Healthcare Data Analysis (BAN-504)

Designed for students interested in healthcare applications, this course covers data analysis methods used in clinical research, epidemiology, and patient outcomes evaluation. Students will work with real medical datasets and learn about regulatory compliance issues in healthcare analytics.

Risk Management Systems (BAN-505)

This course examines various risk assessment methodologies and their applications in financial institutions, insurance companies, and regulatory bodies. Topics include credit risk modeling, operational risk analysis, and catastrophe modeling using statistical and machine learning approaches.

Behavioral Analytics (BAN-506)

Exploring human behavior through data-driven approaches, this course combines psychological theories with analytical methods to understand decision-making processes and consumer preferences. Students will design experiments and interpret behavioral datasets using advanced statistical techniques.

Big Data Technologies (BAN-601)

This course introduces students to distributed computing frameworks such as Apache Spark, Hadoop, and Kafka for processing large-scale datasets. Practical labs involve working with real-world big data challenges in various industries including finance, e-commerce, and telecommunications.

Cloud Computing for Analytics (BAN-602)

Students learn how to deploy and manage analytics workloads on cloud platforms such as AWS, Google Cloud Platform, and Microsoft Azure. The course covers topics like data lakes, serverless computing, and containerization using Docker and Kubernetes.

Enterprise Data Governance (BAN-603)

This course explores the principles and practices of managing enterprise data assets effectively, including data quality management, metadata governance, and compliance frameworks. Students will develop skills in designing data governance strategies and implementing regulatory requirements like GDPR and HIPAA.

Advanced Visualization Tools (BAN-604)

Building upon foundational visualization concepts, this course teaches advanced techniques for creating interactive dashboards, storytelling with data, and visual analytics using tools such as Tableau, Power BI, and D3.js. Students will design custom visualizations for complex business problems.

Business Strategy and Analytics (BAN-605)

This course integrates strategic thinking with analytical capabilities to help students understand how data-driven insights can inform business decisions at executive levels. Case studies from global companies provide practical context for applying analytics in strategic planning and competitive positioning.

Project-Based Learning Philosophy

The department strongly believes that project-based learning is essential for developing practical skills and preparing students for real-world challenges. Projects are integrated throughout the curriculum to reinforce theoretical concepts with hands-on experience.

Mini-Projects

Throughout the program, students undertake mini-projects in groups of 3-5 members, focusing on specific business problems or analytical techniques. These projects are supervised by faculty mentors and typically span two months. Mini-projects cover areas such as exploratory data analysis, hypothesis testing, regression modeling, and visualization.

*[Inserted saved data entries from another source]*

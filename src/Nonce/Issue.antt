-- ===== src/Nonce/Issue.antt =====
-- What the manager guarantees about the nonce that it issues.
use mathlib.Core.Path.{subst}
use settlement_engine.Prelude.{
  ℕ, zero, suc, take, ◌≡◌, refl, sym, ap, String, Bool, true, false, Option, none, some, List, [],
  ◌∷◌, ◌⊎◌, any, inl, inr,
}
use settlement_engine.Prelude.Int.{ℤ, succ_ℤ}
use settlement_engine.Exec.{Result, ok, err, continue, ◌>>=◌, ◌>>◌}
use settlement_engine.Contract.Errors.{Thrown}
use settlement_engine.Nonce.{
  NonceManager, Managed, or_zero, reset_from, reset_from_chain, try_lock, acquire_lock,
  clear_and_reset, retry_reset, recover_pending, read_nonce, issue, acquire_nonce, Lapse, lasts,
  expires, passes, elapse_from, elapse,
}

abbrev pub is_lapse : Lapse → Bool
is_lapse lasts = false
is_lapse expires = true
is_lapse (passes _ _ _) = true

abbrev OnOk : {A : Type 0} → (A → NonceManager → Type 0) → Result Thrown A × NonceManager → Type 0
OnOk P (ok a, n) = P a n
OnOk P (err e, n) = Unit

module _ {A B : Type 0} where
  OnOk-bind :
      (P : A → NonceManager → Type 0) (Q : B → NonceManager → Type 0) (f : A → Managed B)
      → ((a : A) (n : NonceManager) → P a n → OnOk Q (f a n))
      → (r : Result Thrown A × NonceManager) → OnOk P r
      → OnOk Q (continue r.0 f r.1)
  OnOk-bind P Q f step (ok a, n) h = step a n h
  OnOk-bind P Q f step (err e, n) h = tt

no_lapse : (k : ℕ) → any is_lapse (take k []) ≡ false
no_lapse zero = refl
no_lapse (suc k) = refl

-- `Gone` says that the lock has lapsed.
module _ (id : String) (Gone : Type 0) where
  -- The state between `acquireLock` and the issue: the manager has its id, and the key holds it or is gone.
  -- `rounds` awaits are to come.
  record Holds (rounds : ℕ) (n : NonceManager) : Type 0 where
    key : (n.lock ≡ some id) ⊎ Gone
    own : n.lock_id ≡ some id
    more : any is_lapse (take rounds n.lapses) ≡ true → Gone

  try_lock-Holds :
      (k : ℕ) (tries : List (Option String)) (n : NonceManager)
      → (any is_lapse (take k n.lapses) ≡ true → Gone)
      → OnOk (λ _. Holds k) (try_lock id tries n)
  unfolding try_lock
  try_lock-Holds k [] n m = tt
  try_lock-Holds k (none ∷ rest) n m = record { key = inl refl; own = refl; more = m }
  try_lock-Holds k (some other ∷ rest) n m =
      try_lock-Holds k rest (record n { lock = some other }) m

  -- the nonce that was read is the stored one, or the lock is gone
  record Read (rounds : ℕ) (z : ℤ) (n : NonceManager) : Type 0 where
    held : Holds rounds n
    same : (z ≡ or_zero n.nonce) ⊎ Gone

  elapse-Holds :
      (k : ℕ) (l : List Lapse) (n : NonceManager)
      → Holds (suc k) (record n { lapses = l })
      → OnOk (λ _. Holds k) (elapse_from l (record n { lapses = l }))
  unfolding elapse_from
  elapse-Holds k [] n h = record {
    key = h.key;
    own = h.own;
    more = λ e. absurd (cc (no_lapse k, e));
  }
  elapse-Holds k (lasts ∷ rest) n h = record { key = h.key; own = h.own; more = h.more }
  elapse-Holds k (expires ∷ rest) n h = record {
    key = inr (h.more refl);
    own = h.own;
    more = λ _. h.more refl;
  }
  elapse-Holds k (passes o z p ∷ rest) n h = record {
    key = inr (h.more refl);
    own = h.own;
    more = λ _. h.more refl;
  }

  elapse-Read :
      (k : ℕ) (z : ℤ) (l : List Lapse) (n : NonceManager)
      → Read (suc k) z (record n { lapses = l })
      → OnOk (λ _. Read k z) (elapse_from l (record n { lapses = l }))
  unfolding elapse_from
  elapse-Read k z [] n h = record { held = elapse-Holds k [] n h.held; same = h.same }
  elapse-Read k z (lasts ∷ rest) n h = record {
    held = elapse-Holds k (lasts ∷ rest) n h.held;
    same = h.same;
  }
  elapse-Read k z (expires ∷ rest) n h = record {
    held = elapse-Holds k (expires ∷ rest) n h.held;
    same = h.same;
  }
  elapse-Read k z (passes o y p ∷ rest) n h = record {
    held = elapse-Holds k (passes o y p ∷ rest) n h.held;
    same = inr (h.held.more refl);
  }

  module _ {k : ℕ} where
    reset-Holds :
        (counts : List (Option ℕ)) (n : NonceManager) → Holds k n → Holds k (reset_from counts n).1
    unfolding reset_from
    reset-Holds [] n h = record { key = h.key; own = h.own; more = h.more }
    reset-Holds (none ∷ rest) n h = record { key = h.key; own = h.own; more = h.more }
    reset-Holds (some c ∷ rest) n h = record { key = h.key; own = h.own; more = h.more }

    clear-Holds : (n : NonceManager) → Holds k n → Holds k (clear_and_reset n).1
    unfolding reset_from_chain
    clear-Holds n h =
        reset-Holds n.counts (record n { pending_tx = none })
          (record { key = h.key; own = h.own; more = h.more })

    retry-Holds :
        (r : Result Thrown (Unit {0}) × NonceManager) → Holds k r.1 → Holds k (retry_reset r).1
    retry-Holds (ok _, n) h = h
    retry-Holds (err e, n) h = clear-Holds n h

    module _ (n : NonceManager) (h : Holds k n) where
      abbrev recovering : Option String → Bool → NonceManager
      recovering p l = record n { pending_tx = p; landed = l }

      held_recovering : (p : Option String) (l : Bool) → Holds k (recovering p l)
      held_recovering p l = record { key = h.key; own = h.own; more = h.more }

      recover_from-Holds :
          (p : Option String) (l : Bool) → Holds k (recover_pending (recovering p l)).1
      unfolding recover_pending
      recover_from-Holds none l = held_recovering none l
      recover_from-Holds (some x) false =
          clear-Holds (recovering (some x) false) (held_recovering (some x) false)
      recover_from-Holds (some x) true =
          retry-Holds (clear_and_reset (recovering (some x) true))
            (clear-Holds (recovering (some x) true) (held_recovering (some x) true))

      fetched-Read :
          (o : Option ℤ) (c : List (Option ℕ))
          → OnOk (Read k) (read_nonce (record n { nonce = o; counts = c }))
      unfolding read_nonce reset_from
      fetched-Read (some z) c = record {
        held = record { key = h.key; own = h.own; more = h.more };
        same = inl refl;
      }
      fetched-Read none [] = tt
      fetched-Read none (none ∷ c) = tt
      fetched-Read none (some k ∷ c) = record {
        held = record { key = h.key; own = h.own; more = h.more };
        same = inl refl;
      }

  -- What holds when a nonce has been issued.
  pub record Issued (z : ℤ) (n : NonceManager) : Type 0 where
    pub own : n.lock_id ≡ some id
    pub beats : n.heartbeat ≡ true
    pub key : (n.lock ≡ some id) ⊎ Gone
    pub next : (n.nonce ≡ some (succ_ℤ z)) ⊎ Gone

  stored_next :
      (z : ℤ) (n : NonceManager)
      → (z ≡ or_zero n.nonce) ⊎ Gone
      → (some (succ_ℤ (or_zero n.nonce)) ≡ some (succ_ℤ z)) ⊎ Gone
  stored_next z n (inl e) = inl (ap (λ x. some (succ_ℤ x)) (sym e))
  stored_next z n (inr g) = inr g

  issue-Issued : (z : ℤ) (n : NonceManager) → Read 0 z n → Issued z (issue z n).1
  issue-Issued z n h = record {
    own = h.held.own;
    beats = refl;
    key = h.held.key;
    next = stored_next z n h.same;
  }

  weaken :
      (k : ℕ) (r : Result Thrown (Unit {0}) × NonceManager) → Holds k r.1 → OnOk (λ _. Holds k) r
  weaken k (ok a, s) h = h
  weaken k (err e, s) h = tt

  read-Issued :
      (s : NonceManager) → Holds 1 s → OnOk Issued ((do z ← read_nonce; elapse; issue z) s)
  read-Issued s h =
      OnOk-bind (Read 1) Issued (λ z u. (do elapse; issue z) u)
        (λ z u r.
          OnOk-bind (λ _. Read 0 z) Issued (λ _ v. issue z v) (λ _ v q. issue-Issued z v q)
            (elapse u) (elapse-Read 0 z u.lapses u r))
        (read_nonce s) (fetched-Read s h s.nonce s.counts)

  elapsed-Issued :
      (s : NonceManager) → Holds 2 s → OnOk Issued ((do elapse; z ← read_nonce; elapse; issue z) s)
  elapsed-Issued s h =
      OnOk-bind (λ _. Holds 1) Issued (λ _ u. (do z ← read_nonce; elapse; issue z) u)
        (λ _ u k. read-Issued u k) (elapse s) (elapse-Holds 1 s.lapses s h)

  recovered-Issued :
      (s : NonceManager)
      → Holds 2 s
      → OnOk Issued ((do recover_pending; elapse; z ← read_nonce; elapse; issue z) s)
  recovered-Issued s h =
      OnOk-bind (λ _. Holds 2) Issued (λ _ u. (do elapse; z ← read_nonce; elapse; issue z) u)
        (λ _ u k. elapsed-Issued u k) (recover_pending s)
        (weaken 2 (recover_pending s) (recover_from-Holds s h s.pending_tx s.landed))

  acquire-Issued :
      (n : NonceManager)
      → (any is_lapse (take 3 n.lapses) ≡ true → Gone)
      → OnOk Issued (acquire_nonce id n)
  unfolding acquire_nonce
  acquire-Issued n m =
      OnOk-bind (λ _. Holds 3) Issued
        (λ _ s. (do elapse; recover_pending; elapse; z ← read_nonce; elapse; issue z) s)
        (λ _ s h.
          OnOk-bind (λ _. Holds 2) Issued
            (λ _ u. (do recover_pending; elapse; z ← read_nonce; elapse; issue z) u)
            (λ _ u k. recovered-Issued u k) (elapse s) (elapse-Holds 2 s.lapses s h))
        (acquire_lock id n) (try_lock-Holds 3 n.tries n m)

ok_of :
    {A : Type 0} (P : A → NonceManager → Type 0) (r : Result Thrown A × NonceManager) (a : A)
    → OnOk P r
    → r.0 ≡ ok a
    → P a r.1
ok_of P (ok b, n) a h e = let same : b ≡ a = cc e in subst (λ x. P x n) same h
ok_of P (err x, n) a h e = cc e

-- Whenever a nonce is issued, whatever a crashed run or the chain has left, the manager has its lock id and
-- its heartbeat runs; and the key holds that id and the stored nonce is the next one, or the key has
-- lapsed while `acquireNonce` awaited something, before the heartbeat runs.
pub acquire_nonce-issues :
    (id : String) (n : NonceManager) (z : ℤ)
    → (acquire_nonce id n).0 ≡ ok z
    → Issued id (any is_lapse (take 3 n.lapses) ≡ true) z (acquire_nonce id n).1
acquire_nonce-issues id n z =
    ok_of (Issued id (any is_lapse (take 3 n.lapses) ≡ true)) (acquire_nonce id n) z
      (acquire-Issued id (any is_lapse (take 3 n.lapses) ≡ true) n (λ e. e))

Final-Year Thesis/Capstone Project

The capstone project is the culmination of the student's learning journey, requiring them to tackle a significant business challenge using advanced analytics techniques. Students select projects in consultation with faculty mentors, often inspired by industry needs or personal interests. The project involves extensive research, data collection, model development, and presentation to industry experts.

Evaluation Criteria

Projects are evaluated based on technical depth, business relevance, innovation, teamwork, and presentation quality. Each project component is assessed individually, with final grades determined by a combination of peer evaluations, mentor feedback, and public presentations.

Project Selection Process

Students begin selecting projects in their third year, working closely with faculty advisors to identify feasible topics aligned with their interests and program outcomes. The selection process includes proposal submissions, initial reviews, and ongoing guidance throughout the project lifecycle.